Civil society has been playing a minor role in the fight against drugs, and this can be improved. Rotary Clubs and Inner Wheel Clubs are partners in this program. By numbers, the oldest Rotary Club of Manila represents over 200 members. While their counterpart, the Inner Wheel Club of Manila has 100. Looking at the national figures, Rotary clubs in the Philippines and the Inner Wheel Club have some thousand members, a formidable potential source of ally in this fight against drugs. All three populations, i.e workplace, schools and communities are well represented in both RCM and IWCM. And as proposed by the two organizations, the project looks at a potentially powerful alliance of the civil society with the current implementers of Drug Prevention in this country.


Advocacy seminars and workshops, and information campaign can support and strengthen existing preventive and enforcement efforts on drugs.

This would entail building a program where establishments from both the public and private sectors could carry out these activities not only from their own ranks or companies, office, but also building of linkages with other workplaces, schools and communities as part of their Corporate Social Responsibility programs (CSR).

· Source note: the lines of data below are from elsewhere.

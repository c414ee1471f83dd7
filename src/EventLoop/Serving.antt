-- ===== src/EventLoop/Serving.antt =====
-- The invariant of the event loop, and what one handler comes to.
use lloogg.Prelude.{ℕ, ◌+◌, ◌≤◌, ◌<◌, ◌≡◌, All}
use lloogg.Constants.{aof_buf_size, wbuf_size}
use lloogg.Outcome.{Outcome, done, waits, panics}
use lloogg.HashMap.{HashMap, insert, remove, All-remove}
use lloogg.Store.{len}
use lloogg.Store.View
use lloogg.Aof.{pending}
use lloogg.Aof.Log
use lloogg.Spsc.Fifo.{IsQueue}
use lloogg.Connection.{Connection}
use lloogg.EventLoop.{EventLoop}
use lloogg.EventLoop.Open.{IsOpen}

abbrev pub AreOpen : ℕ → HashMap Connection → Type 0
AreOpen room connections = All (λ e. IsOpen room e.1) connections

-- The store of the build's capacity is valid, the counters of the ring and of both queues are in step,
-- and every connection is open.
pub record IsServing {S : Type 0} (slots compiled_n : ℕ) (l : EventLoop S) : Type 0 where
  pub store : View.IsValid slots l.store
  pub capacity : l.store.capacity ≡ compiled_n
  pub aof : Log.IsValid l.aof
  pub connections : AreOpen (wbuf_size compiled_n) l.connections
  pub candidates_in : IsQueue 13 l.candidates_in
  pub expired_out : IsQueue 12 l.expired_out

-- What a handler comes to: the event loop serves on, or it waits because the ring has no room for an
-- entry, or it panics because a new user finds no slot.
abbrev pub IsHandled : {S : Type 0} → ℕ → ℕ → EventLoop S → Outcome (EventLoop S) → Type 0
IsHandled slots compiled_n l (done l') = IsServing slots compiled_n l'
IsHandled slots compiled_n l waits = aof_buf_size < pending l.aof + 32
IsHandled slots compiled_n l panics = slots ≤ len l.store

pub insert-AreOpen :
    (room fd : ℕ) (conn : Connection) (connections : HashMap Connection)
    → IsOpen room conn
    → AreOpen room connections
    → AreOpen room (insert fd conn connections)
unfolding insert
insert-AreOpen room fd conn connections i h =
    (i, All-remove (λ e. IsOpen room e.1) fd connections h)

pub remove-AreOpen :
    (room fd : ℕ) (connections : HashMap Connection)
    → AreOpen room connections
    → AreOpen room (remove fd connections)
remove-AreOpen room fd connections h = All-remove (λ e. IsOpen room e.1) fd connections h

Preventive programs can be enhanced by the linkage of RCM and IWCM with implementers including: government agencies i.e. the DOLE, DDB, PDEA, DSWD, DepED, CHED, TESDA, the Civil Service Commission, PIA, the local government units, and the representatives of the private sector (PMAP, MAP, ECOP, PCCI, Industry sectors, media, and the CBCP).

The IWCM and the RCM with the assistance of PDEA have started an awareness campaign albeit in a limited manner in 2009 to 2010, specifically these were orientations in Central Colleges of the Philippines, and in Montessori-Paranaque.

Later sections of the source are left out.